Many investors fill their portfolios with FTSE 100 blue-chip stocks. While there’s nothing wrong with this approach, I think it’s a mistake to rely on the lead index alone. There are plenty of high-quality businesses in the FTSE 250 as well. I reckon these shares could yield even higher returns for investors in the long run.
With that in mind, here are my top five FTSE 250 growth stocks I’d buy right now.
FTSE 250 growth stocks
Watches of Switzerland has seen sales jump over the past year. The company, which is the UK’s largest Rolex retailer, has benefitted from a surge in domestic demand. Stuck-at-home consumers have been spending their cash on luxury items rather than out-of-bounds holidays and experiences. While the group’s growth may slow in 2021, I’m confident that Watches’ position in the market, which is a significant competitive advantage, will help the FTSE 250 business drive growth in the years ahead.
Talking of competitive advantages, Howden Joinery has one of the best in its sector, in my opinion. The company’s unique operating model, where depot managers are rewarded based on sales, has helped the enterprise gain somewhat of a reputation for quality and cost. In previous years, this has proved to be a strong growth driver. And I think that’s likely to continue. Howden’s reputation in the trade remains healthy, and as long as management doesn’t make any serious mistakes, I think the business will remain the go-to store for many customers.

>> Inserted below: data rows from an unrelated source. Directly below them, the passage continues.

-- ===== src/Live/Chunk.antt =====
-- Processing one captured chunk: transcribe, remove the overlap, persist and return the rest
-- (backend/app/application/use_cases/process_live_audio_chunk.py and add_transcript.py). The
-- speech-to-text provider, `str.lower` and `uuid4` are arguments. Diagnostics and logging are
-- left out.
pub mod Persisted
use ai_meeting_copilot.Prelude.{
  ℕ, suc, ◌+◌, Bool, not, ◌||◌, Option, none, some, List, [], ◌∷◌, arith, if◌then◌else◌, ◌>>=◌,
  ◌>>◌, application_validation, lookup_error, Result, ok, err, is_utc, DateTime, Text, codes,
  is_empty, is_blank,
}
use ai_meeting_copilot.Meeting.{start, add_transcript, Meeting}
use ai_meeting_copilot.Live.Deduplicator.{deduplicate}

pub data AudioSource : Type 0 where
  mixed microphone system_audio : AudioSource

-- One captured chunk, without its audio bytes.
pub record CapturedAudioChunk : Type 0 where
  pub meeting_id : ℕ
  pub sequence : ℕ
  pub capture_started_at : DateTime
  pub source : AudioSource

-- What the provider returns for one segment, without its end. `start_seconds` is counted in the
-- microseconds of `timedelta(seconds=start_seconds)`.
pub record TranscriptionSegment : Type 0 where
  pub text : Text
  pub start_seconds : ℕ
  pub speaker : Option Text

pub record ProcessedTranscriptSegment : Type 0 where
  pub transcript_id : ℕ
  pub text : Text
  pub timestamp : DateTime
  pub source : AudioSource
  pub speaker : Text

-- `ProcessedTranscriptSegment.__post_init__`
unfoldable pub segment_post_init : ProcessedTranscriptSegment → Result ProcessedTranscriptSegment
segment_post_init s =
    if is_blank s.text || not (is_utc s.timestamp) || is_blank s.speaker
    then err application_validation
    else ok s

pub data LiveTranscriptionStatusKind : Type 0 where
  capture_active processing delayed gap permission_error device_error : LiveTranscriptionStatusKind
  provider_error stopping stopped : LiveTranscriptionStatusKind

-- A status has its kind and the sequence of its chunk; its message is left out.
pub record LiveTranscriptionChunkResult : Type 0 where
  pub chunk_sequence : ℕ
  pub accepted_segments : List ProcessedTranscriptSegment
  pub skipped_silence : Bool
  pub status : Option (LiveTranscriptionStatusKind × ℕ)

-- `transcription_segment.speaker or "Unknown"`
abbrev pub speaker_or_unknown : Option Text → Text
speaker_or_unknown none = codes "Unknown"
speaker_or_unknown (some []) = codes "Unknown"
speaker_or_unknown (some (c ∷ s)) = c ∷ s

-- What is persisted for one meeting, if it exists: each use case reads it and saves it.
abbrev pub Stored : Type 0
Stored = Option Meeting

-- `AddTranscriptUseCase.execute`: the meeting is read, changed, saved and committed, or the call
-- raises and nothing is saved. The pending events, which are not persisted, stay in the model.
unfoldable pub add_transcript_execute : ℕ → Text → Text → DateTime → Stored → Result (ℕ × Stored)
unfolding add_transcript
add_transcript_execute id speaker text at none = err lookup_error
add_transcript_execute id speaker text at (some m) = do
  (entry, m') ← add_transcript id speaker text at m
  ok (entry.id, some m')

module _ (lower : Text → Text) (max_overlap : ℕ) (uuid : ℕ → ℕ) where
  -- The time of a segment within its chunk.
  abbrev pub segment_time : CapturedAudioChunk → TranscriptionSegment → DateTime
  segment_time chunk s = record {
    instant = chunk.capture_started_at.instant + s.start_seconds;
    offset = chunk.capture_started_at.offset;
  }

  -- The loop over the provider's segments, from the text before and the number of calls of
  -- `uuid4` so far. What was saved stays saved if a later segment raises.
  unfoldable pub process_segments :
      CapturedAudioChunk
      → List TranscriptionSegment
      → Option Text
      → ℕ
      → Stored
      → Result (List ProcessedTranscriptSegment) × Stored
  process_segments chunk [] previous n stored = (ok [], stored)
  process_segments chunk (s ∷ ss) previous n stored =
      let speaker = speaker_or_unknown s.speaker in
      let skipped = process_segments chunk ss previous n stored in
      elim (deduplicate lower max_overlap previous s.text) [
        | none ↦ skipped
        | some text ↦
            elim (add_transcript_execute (uuid n) speaker text (segment_time chunk s) stored) [
              | err e ↦ (err e, stored)
              | ok saved ↦
                  let rest = process_segments chunk ss (some text) (suc n) saved.1 in
                  let segment : ProcessedTranscriptSegment = record {
                    transcript_id = saved.0;
                    text = text;
                    timestamp = segment_time chunk s;
                    source = chunk.source;
                    speaker = speaker;
                  } in
                  elim (segment_post_init segment) [
                    | err e ↦ (err e, saved.1)
                    | ok built ↦ (rest.0 >>= (λ found. ok (built ∷ found)), rest.1)
                  ]
            ]
      ]

  -- The result of the use case once the provider has answered.
  abbrev pub chunk_result :
      CapturedAudioChunk → List ProcessedTranscriptSegment → LiveTranscriptionChunkResult
  chunk_result chunk accepted = record {
    chunk_sequence = chunk.sequence;
    accepted_segments = accepted;
    skipped_silence = is_empty accepted;
    status = none;
  }

  -- `ProcessLiveAudioChunkUseCase.execute`
  unfoldable pub execute :
      Result (List TranscriptionSegment)
      → CapturedAudioChunk
      → Option Text
      → Stored
      → Result LiveTranscriptionChunkResult × Stored
  execute (err e) chunk previous stored = (err e, stored)
  execute (ok []) chunk previous stored = (ok (chunk_result chunk []), stored)
  execute (ok (s ∷ ss)) chunk previous stored =
      let done = process_segments chunk (s ∷ ss) previous 0 stored in
      (done.0 >>= (λ accepted. ok (chunk_result chunk accepted)), done.1)
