-- ===== src/Assist/Context.antt =====
-- The recent transcript of a session, and the bounded context of one request for replies
-- (backend/app/application/services/recent_transcript_context.py,
-- backend/app/application/dto/assist_mode/reply_context.py and transcript_segment.py). The
-- context's lock is held by each method from its start to its end.
pub mod Longest
pub mod Replies
use ai_meeting_copilot.Prelude.{
  ℕ, ◌+◌, ◌-◌, not, ◌&&◌, ◌||◌, Option, none, some, List, [], ◌∷◌, ◌++◌, arith, ltb, if◌then◌else◌,
  length, take, take_last, get_last?, ◌>>=◌, ◌>>◌, raise_if, application_validation, Result, ok,
  err, is_utc, DateTime, Text, strip, is_blank,
}
use ai_meeting_copilot.Live.Chunk.{AudioSource}

pub record TranscriptSegment : Type 0 where
  pub transcript_id : ℕ
  pub meeting_id : ℕ
  pub text : Text
  pub timestamp : DateTime
  pub source : AudioSource
  pub speaker : Text

-- `TranscriptSegment.__post_init__`
unfoldable pub transcript_segment_post_init : TranscriptSegment → Result TranscriptSegment
transcript_segment_post_init s =
    if is_blank s.text || not (is_utc s.timestamp) || is_blank s.speaker
    then err application_validation
    else ok s

-- `MAX_PREVIOUS_SEGMENTS` and `MAX_CONTEXT_TEXT_LENGTH`
abbrev pub max_previous_segments : ℕ
max_previous_segments = 6

abbrev pub max_context_text_length : ℕ
max_context_text_length = 1200

-- `"\n".join(segment.text for segment in segments)`
abbrev pub join_texts : List TranscriptSegment → Text
join_texts [] = []
join_texts (s ∷ []) = s.text
join_texts (s ∷ t ∷ ts) = s.text ++ (10 ∷ join_texts (t ∷ ts))

-- `_combined_text_length`
abbrev pub combined_text_length : List TranscriptSegment → ℕ
combined_text_length ss = length (join_texts ss)

-- The two loops of `_trim_oldest`.
unfoldable pub trim_count : List TranscriptSegment → List TranscriptSegment
trim_count [] = []
trim_count (s ∷ ss) =
    let rest = trim_count ss in
    if ltb (max_previous_segments + 1) (length (s ∷ ss)) then rest else s ∷ ss

unfoldable pub trim_text : List TranscriptSegment → List TranscriptSegment
trim_text [] = []
trim_text (s ∷ ss) =
    let rest = trim_text ss in
    if ltb 1 (length (s ∷ ss)) && ltb max_context_text_length (combined_text_length (s ∷ ss))
    then rest
    else s ∷ ss

-- `RecentTranscriptContext.add`, from the retained segments to the retained segments.
unfoldable pub add : TranscriptSegment → List TranscriptSegment → Result (List TranscriptSegment)
unfolding trim_count trim_text
add s retained = do
  raise_if (ltb max_context_text_length (length s.text)) application_validation
  ok (trim_text (trim_count (retained ++ (s ∷ []))))

-- `ReplyContext`
pub record ReplyContext : Type 0 where
  pub newest_finalized_segment : TranscriptSegment
  pub previous_finalized_segments : List TranscriptSegment

-- The loop of `ReplyContext.__post_init__`.
unfoldable pub trim_previous : TranscriptSegment → List TranscriptSegment → List TranscriptSegment
trim_previous newest [] = []
trim_previous newest (s ∷ ss) =
    let rest = trim_previous newest ss in
    if ltb max_context_text_length (combined_text_length ((s ∷ ss) ++ (newest ∷ [])))
    then rest
    else s ∷ ss

-- `ReplyContext.__post_init__`
unfoldable pub reply_context_post_init :
    TranscriptSegment → List TranscriptSegment → Result ReplyContext
unfolding trim_previous
reply_context_post_init newest previous =
    let kept = trim_previous newest (take_last max_previous_segments previous) in
    let text = strip (take_last max_context_text_length newest.text) in
    if ltb max_context_text_length (combined_text_length (kept ++ (newest ∷ [])))
    then (transcript_segment_post_init (record newest { text = text }) >>= λ trimmed.
        ok (record { newest_finalized_segment = trimmed; previous_finalized_segments = kept }))
    else ok (record { newest_finalized_segment = newest; previous_finalized_segments = kept })

-- `ReplyContext.conversation_text`
abbrev pub conversation_text : ReplyContext → Text
conversation_text c =
    join_texts (c.previous_finalized_segments ++ (c.newest_finalized_segment ∷ []))

-- `RecentTranscriptContext.build_reply_context`
unfoldable pub build_reply_context : List TranscriptSegment → Result (Option ReplyContext)
build_reply_context retained = elim (get_last? retained) [
  | none ↦ ok none
  | some newest ↦
      reply_context_post_init newest (take (length retained - 1) retained) >>= λ c. ok (some c)
]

Estate agent Savills is another FTSE 250 business I believe has a robust competitive advantage. The company’s brand is recognised the world over, which helps attract customers to its offer. I think that’s part of the reason why the firm’s revenues have jumped nearly 80% in six years. A booming housing market has also been a strong tailwind for the enterprise. As such, as long as the housing market remains buoyant, I reckon shares in Savills will continue to generate strong total returns for investors.
Temporary headwinds
Wizz Air Holdings has taken the European airline market by storm in recent years. The FTSE 250 group’s low-cost offer has attracted consumers, while management’s and conservative operating model and has kept costs low. Before the pandemic struck, Wizz’s balance sheet was flush with cash, unlike many of its competitors. This has helped the business weather the storm and I reckon it’ll allow Wizz to take market share when the skies across Europe open again. While airlines may not be everyone’s cup of tea, I think Wizz’s future potential is incredibly exciting.
Finally, I think investors could benefit from the UK economic recovery by acquiring shares in challenger bank OSB. Formerly One Savings, this financial enterprise is primarily a mortgage lender. Shares in the firm have come under pressure in 2020 due to concerns about the state of the UK housing market. However, so far, the impact on the business has been minimal, and analysts are expecting a return to growth next year. As such, I think now could be a good opportunity to take advantage of the current low price of the shares and buy this growth stock.